*Saved entries:*
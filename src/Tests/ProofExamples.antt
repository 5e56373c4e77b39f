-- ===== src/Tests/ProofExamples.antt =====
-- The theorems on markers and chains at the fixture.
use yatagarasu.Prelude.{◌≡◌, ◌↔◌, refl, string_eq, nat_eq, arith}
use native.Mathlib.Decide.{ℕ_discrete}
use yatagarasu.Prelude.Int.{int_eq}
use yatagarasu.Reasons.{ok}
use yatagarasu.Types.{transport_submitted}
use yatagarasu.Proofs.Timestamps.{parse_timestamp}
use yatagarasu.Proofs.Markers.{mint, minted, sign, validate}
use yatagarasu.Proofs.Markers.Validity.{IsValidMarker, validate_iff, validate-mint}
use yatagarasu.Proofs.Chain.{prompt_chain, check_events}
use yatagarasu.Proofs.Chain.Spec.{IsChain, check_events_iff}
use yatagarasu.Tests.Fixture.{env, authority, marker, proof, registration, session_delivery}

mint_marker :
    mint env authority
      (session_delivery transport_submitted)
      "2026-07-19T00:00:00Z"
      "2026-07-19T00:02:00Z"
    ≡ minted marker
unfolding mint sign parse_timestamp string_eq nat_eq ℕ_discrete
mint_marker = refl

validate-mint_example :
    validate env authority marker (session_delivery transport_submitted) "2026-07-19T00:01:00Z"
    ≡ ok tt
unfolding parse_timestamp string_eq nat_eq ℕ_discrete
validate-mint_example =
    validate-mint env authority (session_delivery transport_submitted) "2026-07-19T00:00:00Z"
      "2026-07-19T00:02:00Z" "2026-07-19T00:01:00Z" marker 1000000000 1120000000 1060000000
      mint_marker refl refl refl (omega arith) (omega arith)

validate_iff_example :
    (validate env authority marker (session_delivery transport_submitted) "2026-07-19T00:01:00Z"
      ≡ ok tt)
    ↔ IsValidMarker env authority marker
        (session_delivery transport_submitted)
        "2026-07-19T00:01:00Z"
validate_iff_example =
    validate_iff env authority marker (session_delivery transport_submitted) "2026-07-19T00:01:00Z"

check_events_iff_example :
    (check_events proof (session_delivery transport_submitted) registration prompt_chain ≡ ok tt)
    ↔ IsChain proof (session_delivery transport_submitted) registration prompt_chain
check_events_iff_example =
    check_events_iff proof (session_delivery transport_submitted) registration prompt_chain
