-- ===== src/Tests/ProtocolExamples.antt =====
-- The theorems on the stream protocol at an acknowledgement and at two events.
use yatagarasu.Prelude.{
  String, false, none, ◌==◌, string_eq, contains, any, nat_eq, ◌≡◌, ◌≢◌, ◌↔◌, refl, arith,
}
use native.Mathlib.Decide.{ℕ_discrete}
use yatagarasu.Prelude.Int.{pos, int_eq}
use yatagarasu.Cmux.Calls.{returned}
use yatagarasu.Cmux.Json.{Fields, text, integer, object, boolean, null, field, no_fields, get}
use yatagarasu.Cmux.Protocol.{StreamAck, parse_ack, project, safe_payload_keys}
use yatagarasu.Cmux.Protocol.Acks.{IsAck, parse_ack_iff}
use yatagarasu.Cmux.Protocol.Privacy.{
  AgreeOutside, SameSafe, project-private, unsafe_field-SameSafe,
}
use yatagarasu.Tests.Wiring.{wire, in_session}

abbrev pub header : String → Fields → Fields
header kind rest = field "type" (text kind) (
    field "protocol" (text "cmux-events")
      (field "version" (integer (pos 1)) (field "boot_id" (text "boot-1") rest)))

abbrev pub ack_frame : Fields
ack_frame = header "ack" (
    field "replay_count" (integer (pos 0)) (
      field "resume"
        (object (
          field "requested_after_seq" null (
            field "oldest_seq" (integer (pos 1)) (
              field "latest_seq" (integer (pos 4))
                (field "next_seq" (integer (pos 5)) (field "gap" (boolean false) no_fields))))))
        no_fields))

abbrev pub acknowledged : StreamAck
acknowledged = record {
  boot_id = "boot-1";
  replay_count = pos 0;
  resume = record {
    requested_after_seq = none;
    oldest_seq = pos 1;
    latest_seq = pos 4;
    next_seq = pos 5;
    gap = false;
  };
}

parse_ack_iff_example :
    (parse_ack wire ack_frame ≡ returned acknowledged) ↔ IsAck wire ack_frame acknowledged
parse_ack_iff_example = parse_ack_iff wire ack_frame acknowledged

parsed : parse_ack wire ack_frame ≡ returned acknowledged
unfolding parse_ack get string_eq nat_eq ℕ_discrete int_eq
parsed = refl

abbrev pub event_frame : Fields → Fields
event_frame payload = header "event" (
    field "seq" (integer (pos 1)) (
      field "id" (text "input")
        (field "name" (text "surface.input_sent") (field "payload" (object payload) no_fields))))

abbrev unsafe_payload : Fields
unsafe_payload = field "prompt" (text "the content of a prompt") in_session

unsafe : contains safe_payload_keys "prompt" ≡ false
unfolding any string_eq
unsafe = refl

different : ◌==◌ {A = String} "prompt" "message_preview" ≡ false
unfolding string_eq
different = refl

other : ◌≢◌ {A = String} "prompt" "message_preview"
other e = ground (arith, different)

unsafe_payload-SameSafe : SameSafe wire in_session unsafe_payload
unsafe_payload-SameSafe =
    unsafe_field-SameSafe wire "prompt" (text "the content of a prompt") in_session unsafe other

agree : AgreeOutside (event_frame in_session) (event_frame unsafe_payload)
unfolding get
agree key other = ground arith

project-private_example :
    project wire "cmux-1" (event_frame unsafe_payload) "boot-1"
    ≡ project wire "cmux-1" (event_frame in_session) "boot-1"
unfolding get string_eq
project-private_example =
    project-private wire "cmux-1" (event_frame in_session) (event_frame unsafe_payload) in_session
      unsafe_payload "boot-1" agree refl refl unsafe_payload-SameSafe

*YOUR ASSIGNMENT:*
All entries should be restated word for word.

*TASK ANSWER:*
filename src/Tests/ProofExamples.antt
repository 5e56373c4e77b39f
-- ===== src/Tests/ProofExamples.antt =====
-- The theorems on markers and chains at the fixture.
use yatagarasu.Prelude.{◌≡◌, ◌↔◌, refl, string_eq, nat_eq, arith}
use native.Mathlib.Decide.{ℕ_discrete}
use yatagarasu.Prelude.Int.{int_eq}
use yatagarasu.Reasons.{ok}
use yatagarasu.Types.{transport_submitted}
use yatagarasu.Proofs.Timestamps.{parse_timestamp}
use yatagarasu.Proofs.Markers.{mint, minted, sign, validate}
use yatagarasu.Proofs.Markers.Validity.{IsValidMarker, validate_iff, validate-mint}
use yatagarasu.Proofs.Chain.{prompt_chain, check_events}
use yatagarasu.Proofs.Chain.Spec.{IsChain, check_events_iff}
use yatagarasu.Tests.Fixture.{env, authority, marker, proof, registration, session_delivery}

mint_marker :
    mint env authority
      (session_delivery transport_submitted)
      "2026-07-19T00:00:00Z"
      "2026-07-19T00:02:00Z"
    ≡ minted marker
unfolding mint sign parse_timestamp string_eq nat_eq ℕ_discrete
mint_marker = refl

validate-mint_example :
    validate env authority marker (session_delivery transport_submitted) "2026-07-19T00:01:00Z"
    ≡ ok tt
unfolding parse_timestamp string_eq nat_eq ℕ_discrete
validate-mint_example =
    validate-mint env authority (session_delivery transport_submitted) "2026-07-19T00:00:00Z"
      "2026-07-19T00:02:00Z" "2026-07-19T00:01:00Z" marker 1000000000 1120000000 1060000000
      mint_marker refl refl refl (omega arith) (omega arith)

validate_iff_example :
    (validate env authority marker (session_delivery transport_submitted) "2026-07-19T00:01:00Z"
      ≡ ok tt)
    ↔ IsValidMarker env authority marker
        (session_delivery transport_submitted)
        "2026-07-19T00:01:00Z"
validate_iff_example =
    validate_iff env authority marker (session_delivery transport_submitted) "2026-07-19T00:01:00Z"

check_events_iff_example :
    (check_events proof (session_delivery transport_submitted) registration prompt_chain ≡ ok tt)
    ↔ IsChain proof (session_delivery transport_submitted) registration prompt_chain
check_events_iff_example =
    check_events_iff proof (session_delivery transport_submitted) registration prompt_chain
-- ===== src/Tests/ProtocolExamples.antt =====
-- The theorems on the stream protocol at an acknowledgement and at two events.
use yatagarasu.Prelude.{
  String, false, none, ◌==◌, string_eq, contains, any, nat_eq, ◌≡◌, ◌≢◌, ◌↔◌, refl, arith,
}
use native.Mathlib.Decide.{ℕ_discrete}
use yatagarasu.Prelude.Int.{pos, int_eq}
use yatagarasu.Cmux.Calls.{returned}
use yatagarasu.Cmux.Json.{Fields, text, integer, object, boolean, null, field, no_fields, get}
use yatagarasu.Cmux.Protocol.{StreamAck, parse_ack, project, safe_payload_keys}
use yatagarasu.Cmux.Protocol.Acks.{IsAck, parse_ack_iff}
use yatagarasu.Cmux.Protocol.Privacy.{
  AgreeOutside, SameSafe, project-private, unsafe_field-SameSafe,
}
use yatagarasu.Tests.Wiring.{wire, in_session}

abbrev pub header : String → Fields → Fields
header kind rest = field "type" (text kind) (
    field "protocol" (text "cmux-events")
      (field "version" (integer (pos 1)) (field "boot_id" (text "boot-1") rest)))

abbrev pub ack_frame : Fields
ack_frame = header "ack" (
    field "replay_count" (integer (pos 0)) (
      field "resume"
        (object (
          field "requested_after_seq" null (
            field "oldest_seq" (integer (pos 1)) (
              field "latest_seq" (integer (pos 4))
                (field "next_seq" (integer (pos 5)) (field "gap" (boolean false) no_fields))))))
        no_fields))

abbrev pub acknowledged : StreamAck
acknowledged = record {
  boot_id = "boot-1";
  replay_count = pos 0;
  resume = record {
    requested_after_seq = none;
    oldest_seq = pos 1;
    latest_seq = pos 4;
    next_seq = pos 5;
    gap = false;
  };
}

parse_ack_iff_example :
    (parse_ack wire ack_frame ≡ returned acknowledged) ↔ IsAck wire ack_frame acknowledged
parse_ack_iff_example = parse_ack_iff wire ack_frame acknowledged

parsed : parse_ack wire ack_frame ≡ returned acknowledged
unfolding parse_ack get string_eq nat_eq ℕ_discrete int_eq
parsed = refl

abbrev pub event_frame : Fields → Fields
event_frame payload = header "event" (
    field "seq" (integer (pos 1)) (
      field "id" (text "input")
        (field "name" (text "surface.input_sent") (field "payload" (object payload) no_fields))))

abbrev unsafe_payload : Fields
unsafe_payload = field "prompt" (text "the content of a prompt") in_session

unsafe : contains safe_payload_keys "prompt" ≡ false
unfolding any string_eq
unsafe = refl

different : ◌==◌ {A = String} "prompt" "message_preview" ≡ false
unfolding string_eq
different = refl

other : ◌≢◌ {A = String} "prompt" "message_preview"
other e = ground (arith, different)

unsafe_payload-SameSafe : SameSafe wire in_session unsafe_payload
unsafe_payload-SameSafe =
    unsafe_field-SameSafe wire "prompt" (text "the content of a prompt") in_session unsafe other

agree : AgreeOutside (event_frame in_session) (event_frame unsafe_payload)
unfolding get
agree key other = ground arith

project-private_example :
    project wire "cmux-1" (event_frame unsafe_payload) "boot-1"
    ≡ project wire "cmux-1" (event_frame in_session) "boot-1"
unfolding get string_eq
project-private_example =
    project-private wire "cmux-1" (event_frame in_session) (event_frame unsafe_payload) in_session
      unsafe_payload "boot-1" agree refl refl unsafe_payload-SameSafe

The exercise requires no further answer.